The required output consists solely of the lines from the top of the listing through the line containing "-- The module", transcribed exactly.

──────

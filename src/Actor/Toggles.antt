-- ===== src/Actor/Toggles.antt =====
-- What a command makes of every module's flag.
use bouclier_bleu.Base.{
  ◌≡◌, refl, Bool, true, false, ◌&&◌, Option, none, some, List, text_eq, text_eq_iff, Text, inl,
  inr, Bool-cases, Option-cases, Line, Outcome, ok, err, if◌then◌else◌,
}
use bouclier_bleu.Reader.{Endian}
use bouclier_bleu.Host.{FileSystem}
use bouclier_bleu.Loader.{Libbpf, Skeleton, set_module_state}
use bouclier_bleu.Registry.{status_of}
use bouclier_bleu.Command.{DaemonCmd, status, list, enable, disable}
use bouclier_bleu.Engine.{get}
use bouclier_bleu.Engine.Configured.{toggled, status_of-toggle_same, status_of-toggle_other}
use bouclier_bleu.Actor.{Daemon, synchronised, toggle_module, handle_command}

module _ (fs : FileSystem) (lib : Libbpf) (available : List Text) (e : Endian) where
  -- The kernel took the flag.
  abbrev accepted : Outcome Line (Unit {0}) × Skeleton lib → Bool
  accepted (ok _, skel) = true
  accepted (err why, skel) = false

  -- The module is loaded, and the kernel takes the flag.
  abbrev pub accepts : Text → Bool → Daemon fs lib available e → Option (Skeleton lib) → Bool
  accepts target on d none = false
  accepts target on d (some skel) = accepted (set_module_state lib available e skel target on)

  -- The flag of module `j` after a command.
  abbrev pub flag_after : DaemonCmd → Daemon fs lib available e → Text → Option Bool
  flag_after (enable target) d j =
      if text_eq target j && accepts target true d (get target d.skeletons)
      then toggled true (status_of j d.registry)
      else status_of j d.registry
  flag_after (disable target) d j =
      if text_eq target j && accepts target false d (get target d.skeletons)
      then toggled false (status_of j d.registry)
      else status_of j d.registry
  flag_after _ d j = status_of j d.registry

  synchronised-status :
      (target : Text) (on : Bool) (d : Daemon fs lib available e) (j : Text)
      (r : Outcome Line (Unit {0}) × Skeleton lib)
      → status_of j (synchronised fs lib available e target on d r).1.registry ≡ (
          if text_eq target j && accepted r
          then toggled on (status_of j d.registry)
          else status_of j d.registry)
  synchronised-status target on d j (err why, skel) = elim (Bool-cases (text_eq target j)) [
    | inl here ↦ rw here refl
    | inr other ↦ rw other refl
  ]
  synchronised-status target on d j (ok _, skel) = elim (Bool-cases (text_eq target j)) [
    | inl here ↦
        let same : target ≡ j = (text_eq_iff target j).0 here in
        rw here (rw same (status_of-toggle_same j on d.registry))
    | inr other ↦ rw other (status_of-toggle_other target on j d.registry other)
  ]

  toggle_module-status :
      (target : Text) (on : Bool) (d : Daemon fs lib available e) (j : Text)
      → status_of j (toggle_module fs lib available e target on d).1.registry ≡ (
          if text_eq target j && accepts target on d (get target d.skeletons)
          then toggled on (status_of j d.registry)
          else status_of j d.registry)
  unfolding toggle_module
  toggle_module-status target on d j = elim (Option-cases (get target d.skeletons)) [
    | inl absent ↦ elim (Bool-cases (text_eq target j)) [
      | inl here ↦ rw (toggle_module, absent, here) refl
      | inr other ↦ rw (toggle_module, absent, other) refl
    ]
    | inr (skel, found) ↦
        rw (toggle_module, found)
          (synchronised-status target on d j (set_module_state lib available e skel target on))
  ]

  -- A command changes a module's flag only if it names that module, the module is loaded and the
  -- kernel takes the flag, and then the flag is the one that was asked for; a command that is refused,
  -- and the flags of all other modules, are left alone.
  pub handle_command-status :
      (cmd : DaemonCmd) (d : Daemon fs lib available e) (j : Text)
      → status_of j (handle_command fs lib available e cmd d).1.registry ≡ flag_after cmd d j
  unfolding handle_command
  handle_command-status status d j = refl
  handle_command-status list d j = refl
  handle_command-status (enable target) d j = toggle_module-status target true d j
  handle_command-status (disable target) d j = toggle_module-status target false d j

──────

## WORKED SOLUTION
filename src/Actor/Toggles.antt
-- ===== src/Actor/Toggles.antt =====
-- What a command makes of every module's flag.
use bouclier_bleu.Base.{
  ◌≡◌, refl, Bool, true, false, ◌&&◌, Option, none, some, List, text_eq, text_eq_iff, Text, inl,
  inr, Bool-cases, Option-cases, Line, Outcome, ok, err, if◌then◌else◌,
}
use bouclier_bleu.Reader.{Endian}
use bouclier_bleu.Host.{FileSystem}
use bouclier_bleu.Loader.{Libbpf, Skeleton, set_module_state}
use bouclier_bleu.Registry.{status_of}
use bouclier_bleu.Command.{DaemonCmd, status, list, enable, disable}
use bouclier_bleu.Engine.{get}
use bouclier_bleu.Engine.Configured.{toggled, status_of-toggle_same, status_of-toggle_other}
use bouclier_bleu.Actor.{Daemon, synchronised, toggle_module, handle_command}

module _ (fs : FileSystem) (lib : Libbpf) (available : List Text) (e : Endian) where
  -- The kernel took the flag.
  abbrev accepted : Outcome Line (Unit {0}) × Skeleton lib → Bool
  accepted (ok _, skel) = true
  accepted (err why, skel) = false

  -- The module is loaded, and the kernel takes the flag.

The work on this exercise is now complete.